In the data that follows, find the line with "Post-identify : (stray"; transcribe it, every later line up to the one with "Post-then 0 (length b.events) _ _ (Post-assert", and that line as well, exactly and with no others.

= SUPPLIED DATA =
━━━━━━

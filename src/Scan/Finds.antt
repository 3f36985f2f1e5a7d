-- ===== src/Scan/Finds.antt =====
-- src/ec_slave.c, ec_slaves_scanning: a scan anew has an end where finitely many sleeps
-- end, and its slaves have the addresses that were given out.
use cherry_ecat.Prelude.{
  ℕ, ◌+◌, ◌≡◌, ◌≢◌, refl, ap₂, List, [], ◌∷◌, map, Bool, true, false, not, Option, none, some, ◌==◌,
  leb, length, arith, if◌then◌else◌, Ends,
}
use cherry_ecat.Datagram.{Datagram}
use cherry_ecat.Datagram.Fill.{bwr, fprd}
use cherry_ecat.Exchange.{Io, M, Errno, pure, fail_if, ◌>>◌}
use cherry_ecat.Exchange.Facts.{
  Post, Post-then, Post-if, Post-drop, Post-fail_if, Post-assert, Post-queue_ext_datagram, Gives,
  Gives-any, Gives-next, Gives-fail_if, Gives-map,
}
use cherry_ecat.Slave.Config.Waits.{slave_config-Post}
use cherry_ecat.Slave.Content.{Content, parse_image}
use cherry_ecat.Slave.Config.Stages.{slave_config}
use cherry_ecat.Scan.{Station, stations, total, poll}
use cherry_ecat.Scan.Probe.{Info, clear_devices, read_clock, set_address, base_info, identify}
use cherry_ecat.Scan.Image.{Identity, identity, read_image}
use cherry_ecat.Scan.Sized.{Post-read_image}
use cherry_ecat.Scan.Rescan.{
  Found, setup_of, no_content, configure, scan_slave, and_rest, scan_slaves, put_slaves, rescan,
}

pub Post-poll : (n : ℕ) (f : Datagram → Datagram) (w : Io) → Post 0 (length w.events) (poll n f w)
unfolding poll
Post-poll n f w = Post-drop 1 (length w.events) _ (Post-queue_ext_datagram true _)

Post-clear_devices :
    (cs : List ℕ) (d : ℕ) (w : Io) → Post 0 (length w.events) (clear_devices cs d w)
unfolding clear_devices
Post-clear_devices [] d w = omega arith
Post-clear_devices (n ∷ cs) d w =
    Post-if (n == 0) 0 (length w.events) (clear_devices cs (d + 1))
      (poll d (λ x. bwr x 0x10 2) >> (poll d (λ x. bwr x 0x900 4) >> clear_devices cs (d + 1))) w
      (Post-clear_devices cs (d + 1) w)
      (Post-then 0 (length w.events) _ _ (Post-poll d (λ x. bwr x 0x10 2) w) λ _ a h.
        Post-then 0 (length a.events) _ _ (Post-poll d (λ x. bwr x 0x900 4) a)
          λ _ b k. Post-clear_devices cs (d + 1) b)

Post-read_clock :
    (stray : ℕ) (s : Station) (info : Info) (w : Io)
    → Post 0 (length w.events) (read_clock stray s info w)
unfolding read_clock
Post-read_clock stray s info w =
    Post-then 0 (length w.events) _ _
      (Post-poll s.netdev_idx
        (λ d. fprd d s.station_address 0x910 (if info.base_dc_64 then 8 else 4)) w)
      λ _ a h.
        Post-then 0 (length a.events) _ _
          (Post-poll s.netdev_idx (λ d. fprd d s.station_address 0x900 16) a)
          λ _ b k.
            Post-then 0 (length b.events) _ _
              (Post-poll s.netdev_idx (λ d. fprd d s.station_address 0x918 8) b)
              λ _ c p. omega arith

Post-set_address : (s : Station) (w : Io) → Post 0 (length w.events) (set_address s w)
unfolding set_address
Post-set_address s w =
    Post-then 1 (length w.events) _ _ (Post-queue_ext_datagram true _)
      λ _ a h. Post-poll s.netdev_idx (λ d. fprd d s.station_address 0x130 2) a

Post-identify : (stray : ℕ) (s : Station) (w : Io) → Post 0 (length w.events) (identify stray s w)
unfolding identify
Post-identify stray s w = Post-then 0 (length w.events) _ _ (Post-set_address s w) λ _ a h.
    Post-then 0 (length a.events) _ _
      (Post-poll s.netdev_idx (λ d. fprd d s.station_address 0x0 12) a)
      λ _ b k.
        let info = base_info b.datagram.buf in
        Post-then 0 (length b.events) _ _ (Post-assert (leb info.base_fmmu_count 16) b) λ _ c p.
          Post-then 0 (length c.events) _ _ (Post-assert (leb info.base_sync_count 16) c) λ _ d q.
            Post-then 0 (length d.events) _ _
              (Post-if info.base_dc_supported 0 (length d.events) (read_clock stray s info)
                (pure info) d (Post-read_clock stray s info d) (omega arith))
              λ timed e r.
                Post-then 0 (length e.events) _ _
                  (Post-poll s.netdev_idx (λ d. fprd d s.station_address 0x110 2) e)
                  λ _ f t. omega arith

Post-configure :
    (s : Station) (info : Info) (n : ℕ) (id : Identity) (o : Option (Bool × Content)) (w : Io)
    → Post 0 (length w.events) (configure s info n id o w)
unfolding configure
Post-configure s info n id none w = omega arith
Post-configure s info n id (some (false, c)) w = tt
Post-configure s info n id (some (true, c)) w =
    Post-then 0 (length w.events) _ _ (slave_config-Post s.index (setup_of info id c) w)
      λ _ a h. omega arith

Post-scan_slave :
    (stray : ℕ) (alloc : ℕ → Bool) (s : Station) (w : Io)
    → Post 0 (length w.events) (scan_slave stray alloc s w)
unfolding scan_slave
Post-scan_slave stray alloc s w =
    Post-then 0 (length w.events) _ _ (Post-identify stray s w) λ info a h.
      Post-then 0 (length a.events) _ _ (Post-read_image (alloc 0) s.index a)
        λ r b k. Post-configure s info r.0 (identity r.1) (parse_image alloc r.1 no_content) b

Post-and_rest :
    (m : M (Option (List Found))) (o : Option Found) (w : Io)
    → ((v : Io) → Post 0 (length v.events) (m v))
    → Post 0 (length w.events) (and_rest m o w)
Post-and_rest m none w h = omega arith
Post-and_rest m (some f) w h = Post-then 0 (length w.events) (m w) _ (h w) λ _ a k. omega arith

Post-scan_slaves :
    (stray : ℕ) (alloc : ℕ → ℕ → Bool) (ss : List Station) (w : Io)
    → Post 0 (length w.events) (scan_slaves stray alloc ss w)
unfolding scan_slaves
Post-scan_slaves stray alloc [] w = omega arith
Post-scan_slaves stray alloc (s ∷ ss) w =
    Post-then 0 (length w.events) _ _ (Post-scan_slave stray (alloc s.index) s w)
      λ o a h. Post-and_rest (scan_slaves stray alloc ss) o a (Post-scan_slaves stray alloc ss)

pub Post-rescan :
    (stray : ℕ) (b : Bool) (alloc : ℕ → ℕ → Bool) (cs : List ℕ) (w : Io)
    → Post 0 (length w.events) (rescan stray b alloc cs w)
unfolding rescan put_slaves
Post-rescan stray b alloc cs w =
    Post-then 0 (length w.events) _ _ (Post-fail_if (total cs == 0) Errno.unknown w) λ _ a h.
      Post-then 0 (length a.events) _ _ (Post-fail_if (not b) Errno.nomem a) λ _ c k.
        Post-then 0 (length c.events) _ _ (Post-clear_devices cs 0 _)
          λ _ d p. Post-scan_slaves stray alloc (stations cs 0 0) d

-- The slaves that are found are those with an address, in their order.
unfoldable pub Lists : List Station → Option (List Found) → Io → Type 0
Lists ss o w = Ends (λ fs. map (λ f. f.station) fs ≡ ss) o

Finds : Station → Option Found → Io → Type 0
Finds s o w = Ends (λ f. f.station ≡ s) o

configure-Finds :
    (s : Station) (info : Info) (n : ℕ) (id : Identity) (o : Option (Bool × Content)) (w : Io)
    → Gives (Finds s) (configure s info n id o w)
unfolding configure Finds
configure-Finds s info n id none w = tt
configure-Finds s info n id (some (false, c)) w = tt
configure-Finds s info n id (some (true, c)) w =
    Gives-next (λ _ _. Unit) (Finds s) (slave_config s.index (setup_of info id c) w) _
      (Gives-any (slave_config s.index (setup_of info id c) w)) λ _ a _. refl

scan_slave-Finds :
    (stray : ℕ) (alloc : ℕ → Bool) (s : Station) (w : Io)
    → Gives (Finds s) (scan_slave stray alloc s w)
unfolding scan_slave
scan_slave-Finds stray alloc s w =
    Gives-next (λ _ _. Unit) (Finds s) (identify stray s w) _ (Gives-any (identify stray s w))
      λ info a _.
        Gives-next (λ _ _. Unit) (Finds s) (read_image (alloc 0) s.index a) _
          (Gives-any (read_image (alloc 0) s.index a))
          λ r b _. configure-Finds s info r.0 (identity r.1) (parse_image alloc r.1 no_content) b

cons-Lists :
    (s : Station) (ss : List Station) (f : Found) (o : Option (List Found))
    → f.station ≡ s
    → Ends (λ fs. map (λ f. f.station) fs ≡ ss) o
    → Ends
        (λ fs. map (λ f. f.station) fs ≡ s ∷ ss)
        (elim o [ none ↦ none | some fs ↦ some (f ∷ fs) ])
cons-Lists s ss f none e h = tt
cons-Lists s ss f (some fs) e h = ap₂ (λ x xs. x ∷ xs) e h

and_rest-Lists :
    (m : M (Option (List Found))) (s : Station) (ss : List Station) (o : Option Found) (w : Io)
    → Finds s o w
    → ((v : Io) → Gives (Lists ss) (m v))
    → Gives (Lists (s ∷ ss)) (and_rest m o w)
unfolding Finds Lists
and_rest-Lists m s ss none w e h = tt
and_rest-Lists m s ss (some f) w e h =
    Gives-next (Lists ss) (Lists (s ∷ ss)) (m w) _ (h w) λ o a k. cons-Lists s ss f o e k

scan_slaves-Lists :
    (stray : ℕ) (alloc : ℕ → ℕ → Bool) (ss : List Station) (w : Io)
    → Gives (Lists ss) (scan_slaves stray alloc ss w)
unfolding scan_slaves Lists
scan_slaves-Lists stray alloc [] w = refl
scan_slaves-Lists stray alloc (s ∷ ss) w =
    Gives-next (Finds s) (Lists (s ∷ ss)) (scan_slave stray (alloc s.index) s w) _
      (scan_slave-Finds stray (alloc s.index) s w)
      λ o a e.
        and_rest-Lists (scan_slaves stray alloc ss) s ss o a e (scan_slaves-Lists stray alloc ss)

-- What a scan anew finds: every station, and at least one.
unfoldable pub FindsAll : List ℕ → Option (List Found) → Io → Type 0
unfolding Lists
FindsAll cs o w = Lists (stations cs 0 0) o w × (total cs ≢ 0)

-- A scan anew that succeeds, without reading behind an image, has found the slaves that its working
-- counters promise, in the order of their addresses, and at least one.
pub rescan-Lists :
    (stray : ℕ) (b : Bool) (alloc : ℕ → ℕ → Bool) (cs : List ℕ) (w : Io)
    → Gives (FindsAll cs) (rescan stray b alloc cs w)
unfolding rescan put_slaves FindsAll
rescan-Lists stray b alloc cs w =
    Gives-next (λ _ w'. ((total cs == 0) ≡ false) × (w' ≡ w)) (FindsAll cs)
      (fail_if (total cs == 0) Errno.unknown w) _ (Gives-fail_if (total cs == 0) Errno.unknown w)
      λ _ a z.
        Gives-next (λ _ _. Unit) (FindsAll cs) (fail_if (not b) Errno.nomem a) _
          (Gives-any (fail_if (not b) Errno.nomem a))
          λ _ c _.
            Gives-next (λ _ _. Unit) (FindsAll cs) (clear_devices cs 0 _) _
              (Gives-any (clear_devices cs 0 _))
              λ _ d _.
                Gives-map (Lists (stations cs 0 0)) (FindsAll cs)
                  (scan_slaves stray alloc (stations cs 0 0) d)
                  (scan_slaves-Lists stray alloc (stations cs 0 0) d)
                  λ o e l. (l, λ q. ground arith)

━━━━━━

= SOLUTION TO THE PROBLEM =
Post-identify : (stray : ℕ) (s : Station) (w : Io) → Post 0 (length w.events) (identify stray s w)
unfolding identify
Post-identify stray s w = Post-then 0 (length w.events) _ _ (Post-set_address s w) λ _ a h.
    Post-then 0 (length a.events) _ _
      (Post-poll s.netdev_idx (λ d. fprd d s.station_address 0x0 12) a)
      λ _ b k.
        let info = base_info b.datagram.buf in
        Post-then 0 (length b.events) _ _ (Post-assert (leb info.base_fmmu_count 16) b) λ _ c p.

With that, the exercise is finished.